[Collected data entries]
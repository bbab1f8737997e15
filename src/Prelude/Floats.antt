-- ===== src/Prelude/Floats.antt =====
-- `f32` as the code uses it. The arithmetic of the target is a parameter: its theorems hold for
-- every rounding.
use Prim.Native.Nat.{ℕ, min}
use mathlib.Core.Bool.{Bool}

pub record Floats : Type 1 where
  pub Float : Type 0
  -- `n as f32`, and the literal `n / d` in decimals.
  pub from_nat : ℕ → Float
  pub literal : ℕ → ℕ → Float
  pub times : Float → Float → Float
  pub over : Float → Float → Float
  -- `x < y` and `x <= y`, both false at NaN.
  pub less : Float → Float → Bool
  pub at_most : Float → Float → Bool
  -- The integer part, 0 below zero and at NaN.
  pub integer_part : Float → ℕ

-- Signed numbers: an i16 or i32 is its bit pattern.
pub record SignedFloats (floats : Floats) : Type 0 where
  pub plus : floats.Float → floats.Float → floats.Float
  pub minus : floats.Float → floats.Float → floats.Float
  pub negative : floats.Float → floats.Float
  -- `n as f32` of an i16.
  pub from_i16 : ℕ → floats.Float
  -- `x as i16` and `x as i32`, which saturate.
  pub as_i16 : floats.Float → ℕ
  pub as_i32 : floats.Float → ℕ

module _ (floats : Floats) where
  open floats use {Float, integer_part}

  -- `x as u8`, `x as u16`, `x as u32`, which saturate.
  abbrev pub as_u8 : Float → ℕ
  as_u8 x = min (integer_part x) 255

  abbrev pub as_u16 : Float → ℕ
  as_u16 x = min (integer_part x) 65535

  abbrev pub as_u32 : Float → ℕ
  as_u32 x = min (integer_part x) 4294967295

WHAT NEEDS TO BE DONE
Reprint the data above from the opening line to the line holding "-- Signed numbers: an", inclusive, and nothing else.

RESPONSE
repository bbab1f8737997e15
filename src/Prelude/Floats.antt
-- ===== src/Prelude/Floats.antt =====
-- `f32` as the code uses it. The arithmetic of the target is a parameter: its theorems hold for
-- every rounding.
use Prim.Native.Nat.{ℕ, min}
use mathlib.Core.Bool.{Bool}

pub record Floats : Type 1 where
  pub Float : Type 0
  -- `n as f32`, and the literal `n / d` in decimals.
  pub from_nat : ℕ → Float
  pub literal : ℕ → ℕ → Float
  pub times : Float → Float → Float
  pub over : Float → Float → Float
  -- `x < y` and `x <= y`, both false at NaN.
  pub less : Float → Float → Bool
  pub at_most : Float → Float → Bool
  -- The integer part, 0 below zero and at NaN.
  pub integer_part : Float → ℕ

-- Signed numbers: an i16 or i32 is its bit pattern.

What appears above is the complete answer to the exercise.